Hamam (हमाम) Mango, Imam Pasand or Himayat or Himam Pasand is a lesser known and exclusive mango cultivar, grown in Srirangam, Tamil Nadu in India.  The names suggest regal origins and it is said to have been the fruit of choice for India's royalty.

It is a large, not too attractive looking mango, mottled green that lightens to blotched yellow-green as it ripens. It is available only during the months of May and June and each mango could grow up to 400 grams to 1000 grams in weight.

It is prized by connoisseurs for its unique taste and it has been considered as the 'King of Mangoes'.

Many mangoes are initially sweet and incredibly rich smoothness of its aftertaste. The Imam Pasand's aftertaste is quite different, with hints of coconut and lime, a brightly spicy-sour Thai curry to the suave Mughlai curry richness of Alphonsos.
A bite into one of these mangoes will reveal a tangy outer layer that hides the sweet flesh inside.

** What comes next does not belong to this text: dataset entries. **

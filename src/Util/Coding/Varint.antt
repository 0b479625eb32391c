-- ===== src/Util/Coding/Varint.antt =====
-- Variable-length integers of util/coding.cpp. `groups` is the format by itself: seven bits a
-- byte, lowest first, bit 7 set on all but the last. Both encoders write it; the decoder's loop
-- reads it back.
use Prim.Native.Nat.{bit_and, bit_or}
use mathlib.Core.WellFounded.{Acc}
use native.Mathlib.Nat.{pow-suc, mod-eq_of_lt, div-add-mod}
use native.Mathlib.Numerals.{towards_suc}
use level_db.Common.{
  ℕ, zero, suc, ◌+◌, ◌*◌, ◌/◌, ◌%◌, ◌^◌, ◌<◌, ◌≤◌, List, [], ◌∷◌, ◌++◌, length, some, All, ◌≡◌,
  refl, sym, ◌∙◌, ap, arith, ltb, lt→ltb, if◌then◌else◌,
}
use level_db.Common.Bits.{bit_and-127, bit_and-128, bit_or-128, bit_or-shifted}
use level_db.Common.Order.{lt_wf}
use level_db.Util.Coding.Fixed.{IsByte}
use level_db.Util.Coding.{
  byte, u32_mod, u64_mod, encode_varint32, encode_varint64_loop, encode_varint64, put_varint32,
  put_varint64, varint_length_loop, varint_length, get_varint_loop, get_varint32_ptr_fallback,
  get_varint32_ptr, get_varint64_ptr, get_varint32, get_varint64,
}

unfoldable pub groups : ℕ → ℕ → List ℕ
groups zero v = v ∷ []
groups (suc k) v =
    let rest = groups k (v / 128) in if ltb v 128 then v ∷ [] else (v % 128 + 128) ∷ rest

-- What the encoders store for an inner and for a last byte.
inner_byte : (v : ℕ) → byte (bit_or v 128) ≡ v % 128 + 128
inner_byte v = bit_or-128 v

inner_byte64 : (v : ℕ) → byte (bit_or (bit_and v 127) 128) ≡ v % 128 + 128
inner_byte64 v = omega (arith, bit_or-128 (bit_and v 127), bit_and-127 v)

pub encode_varint32-groups : (v : ℕ) → v < 2 ^ 32 → encode_varint32 v ≡ groups 4 v
unfolding encode_varint32 groups
encode_varint32-groups v h =
    ground (
      arith,
      inner_byte v,
      inner_byte (v / 2 ^ 7),
      inner_byte (v / 2 ^ 14),
      inner_byte (v / 2 ^ 21),
    )

encode_varint64_loop-groups :
    (k v : ℕ) (w : Acc ◌<◌ v) → v < 128 ^ suc k → encode_varint64_loop v w ≡ groups k v
unfolding encode_varint64_loop groups
encode_varint64_loop-groups zero v (Acc.intro _ smaller) h = ground arith
encode_varint64_loop-groups (suc k) v (Acc.intro _ smaller) h = grind (
  arith,
  inner_byte64 v,
  λ (w : Acc ◌<◌ (v / 128)).
      encode_varint64_loop-groups k (v / 128) w (omega (arith, pow-suc 128 (suc k))),
)

pub encode_varint64-groups : (v : ℕ) → v < 2 ^ 64 → encode_varint64 v ≡ groups 9 v
unfolding encode_varint64
encode_varint64-groups v h = encode_varint64_loop-groups 9 v (lt_wf.apply v) (omega arith)

pub length-groups : (k v : ℕ) → (1 ≤ length (groups k v)) × (length (groups k v) ≤ k + 1)
unfolding groups
length-groups zero v = omega arith
length-groups (suc k) v = ground (arith, length-groups k (v / 128))

varint_length_loop-groups :
    (k v len : ℕ) (w : Acc ◌<◌ v)
    → v < 128 ^ suc k
    → varint_length_loop v len w + 1 ≡ len + length (groups k v)
unfolding varint_length_loop groups
varint_length_loop-groups zero v len (Acc.intro _ smaller) h = ground arith
varint_length_loop-groups (suc k) v len (Acc.intro _ smaller) h = grind (
  arith,
  λ (w : Acc ◌<◌ (v / 128)).
      varint_length_loop-groups k (v / 128) (len + 1) w (omega (arith, pow-suc 128 (suc k))),
)

-- One round of the decoder on the last byte and on an inner byte.
last_round :
    (modulus last_shift w shift result : ℕ) (rest : List ℕ)
    → w < 128
    → shift ≤ last_shift
    → result < 2 ^ shift
    → result + w * 2 ^ shift < modulus
    → get_varint_loop modulus last_shift (w ∷ rest) shift result
      ≡ some (result + w * 2 ^ shift, rest)
unfolding get_varint_loop
last_round modulus last_shift w shift result rest hw hs hr fits = ground (
  arith,
  bit_and-128 w,
  mod-eq_of_lt {n = w * 2 ^ shift} {m = modulus} (omega arith),
  bit_or-shifted shift result w hr,
)

inner_round :
    (modulus last_shift g shift result : ℕ) (rest : List ℕ)
    → g < 128
    → shift ≤ last_shift
    → result < 2 ^ shift
    → result + g * 2 ^ shift < modulus
    → get_varint_loop modulus last_shift ((g + 128) ∷ rest) shift result
      ≡ get_varint_loop modulus last_shift rest (shift + 7) (result + g * 2 ^ shift)
unfolding get_varint_loop
inner_round modulus last_shift g shift result rest hg hs hr fits = ground (
  arith,
  bit_and-128 (g + 128),
  bit_and-127 (g + 128),
  ap (λ (t : ℕ). t * 2 ^ shift % modulus) low,
  mod-eq_of_lt {n = g * 2 ^ shift} {m = modulus} (omega arith),
  bit_or-shifted shift result g hr,
)
  where
    low : bit_and (g + 128) 127 ≡ g
    low = omega (arith, bit_and-127 (g + 128))

shift_seven : (s : ℕ) → 2 ^ (s + 7) ≡ 128 * 2 ^ s
shift_seven s = simp towards_suc (omega arith)

-- The lowest group of `v` and the others, from bit `s` on.
split_group : (v s : ℕ) → v * 2 ^ s ≡ v % 128 * 2 ^ s + v / 128 * 2 ^ (s + 7)
split_group v s = omega (
  arith,
  ap (λ (t : ℕ). t * 2 ^ s) (div-add-mod v 128),
  ap (λ (t : ℕ). v / 128 * t) (shift_seven s),
)

group_fits : (result g s : ℕ) → g < 128 → result < 2 ^ s → result + g * 2 ^ s < 2 ^ (s + 7)
group_fits result g s hg hr = rw shift_seven (grind arith)

get_varint_loop-groups :
    (modulus last_shift k v shift result : ℕ) (rest : List ℕ)
    → v < 128 ^ suc k
    → shift + 7 * k ≤ last_shift
    → result < 2 ^ shift
    → result + v * 2 ^ shift < modulus
    → get_varint_loop modulus last_shift (groups k v ++ rest) shift result
      ≡ some (result + v * 2 ^ shift, rest)
unfolding groups
get_varint_loop-groups modulus last_shift zero v shift result rest hv hs hr fits =
    last_round modulus last_shift v shift result rest (omega arith) (omega arith) hr fits
get_varint_loop-groups modulus last_shift (suc k) v shift result rest hv hs hr fits = ground (
  arith,
  split_group v shift,
  group_fits result (v % 128) shift (omega arith) hr,
  pow-suc 128 (suc k),
  last_round modulus last_shift v shift result rest,
  inner_round modulus last_shift (v % 128) shift result (groups k (v / 128) ++ rest),
  get_varint_loop-groups modulus last_shift k (v / 128) (shift + 7) (result + v % 128 * 2 ^ shift)
      rest,
)

pub get_varint32_ptr_fallback-groups :
    (v : ℕ) (rest : List ℕ)
    → v < 2 ^ 32
    → get_varint32_ptr_fallback (groups 4 v ++ rest) ≡ some (v, rest)
unfolding get_varint32_ptr_fallback
get_varint32_ptr_fallback-groups v rest h =
    ground (arith, get_varint_loop-groups u32_mod 28 4 v 0 0 rest)

-- On every input of bytes the one-byte case of the inline GetVarint32Ptr returns what the general
-- loop GetVarint32PtrFallback returns.
pub get_varint32_ptr-fallback :
    (p : List ℕ) → All IsByte p → get_varint32_ptr p ≡ get_varint32_ptr_fallback p
unfolding get_varint32_ptr get_varint32_ptr_fallback
get_varint32_ptr-fallback [] h = refl
get_varint32_ptr-fallback (b ∷ p) (hb, h) =
    ground (arith, bit_and-128 b, last_round u32_mod 28 b 0 0 p)

-- On bytes the inline version and the loop agree, on what an encoder wrote in particular.
get_varint32-groups :
    (v : ℕ) (rest : List ℕ) → v < 2 ^ 32 → get_varint32 (groups 4 v ++ rest) ≡ some (v, rest)
unfolding get_varint32 get_varint32_ptr groups
get_varint32-groups v rest h =
    ground
      (arith, bit_and-128 v, bit_and-128 (v % 128 + 128), get_varint32_ptr_fallback-groups v rest h)

-- For a value below 2^32, GetVarint32 reads back what PutVarint32 appended and leaves what
-- follows it.
pub get_varint32-put_varint32 :
    (v : ℕ) (rest : List ℕ) → v < 2 ^ 32 → get_varint32 (put_varint32 [] v ++ rest) ≡ some (v, rest)
unfolding put_varint32
get_varint32-put_varint32 v rest h = rw (encode_varint32-groups v h) (get_varint32-groups v rest h)

-- For a value below 2^64, GetVarint64 reads back what PutVarint64 appended and leaves what
-- follows it.
pub get_varint64-put_varint64 :
    (v : ℕ) (rest : List ℕ) → v < 2 ^ 64 → get_varint64 (put_varint64 [] v ++ rest) ≡ some (v, rest)
unfolding put_varint64 get_varint64 get_varint64_ptr
get_varint64-put_varint64 v rest h =
    rw (encode_varint64-groups v h) (ground (arith, get_varint_loop-groups u64_mod 63 9 v 0 0 rest))

groups_wider : (k n v : ℕ) → k ≤ n → v < 128 ^ suc k → groups n v ≡ groups k v
unfolding groups
groups_wider zero zero v hk hv = refl
groups_wider zero (suc n) v hk hv = rw (lt→ltb v 128 (omega arith))
groups_wider (suc k) zero v hk hv = elim hk [ ]
groups_wider (suc k) (suc n) v hk hv =
    let ih : groups n (v / 128) ≡ groups k (v / 128) =
      groups_wider k n (v / 128) (omega arith) (omega (arith, pow-suc 128 (suc k))) in
    rw ih

-- For a value below 2^32 the two varint encoders write the same bytes, and VarintLength is their
-- number.
pub encode_varint32-encode_varint64 :
    (v : ℕ)
    → v < 2 ^ 32
    → (encode_varint32 v ≡ encode_varint64 v) × (varint_length v ≡ length (encode_varint32 v))
unfolding varint_length
encode_varint32-encode_varint64 v h = (
  encode_varint32-groups v h
      ∙ sym (groups_wider 4 9 v (omega arith) (omega arith))
      ∙ sym (encode_varint64-groups v (omega arith)),
  omega (
    arith,
    varint_length_loop-groups 4 v 1 (lt_wf.apply v),
    ap length (encode_varint32-groups v h),
  ),
)

-- VarintLength is the number of bytes that EncodeVarint64 writes.
pub varint_length-length : (v : ℕ) → v < 2 ^ 64 → varint_length v ≡ length (encode_varint64 v)
unfolding varint_length
varint_length-length v h =
    omega (
      arith,
      varint_length_loop-groups 9 v 1 (lt_wf.apply v),
      ap length (encode_varint64-groups v h),
    )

Hamam have a notably soft skin, easy to bite through or even eat, and this also makes it hard to transport. Modern retail systems seem to be cracking how to acquire and distribute them carefully enough and this combined with a wider cultivation area has resulted in increased availability at retail stores 

The origin of the prized variety's Hindi name is lost in the mists of time. Some say it was originally grown in Kerala and beloved of Mughal emperor Humayun (and was locally called Humayun Pasand). This fruit known as Himayat in Andhra was supposedly introduced in Tamil Nadu by the family that owns the Thathachariar gardens, a  sprawling estate at Srirangam, Tiruchirappalli.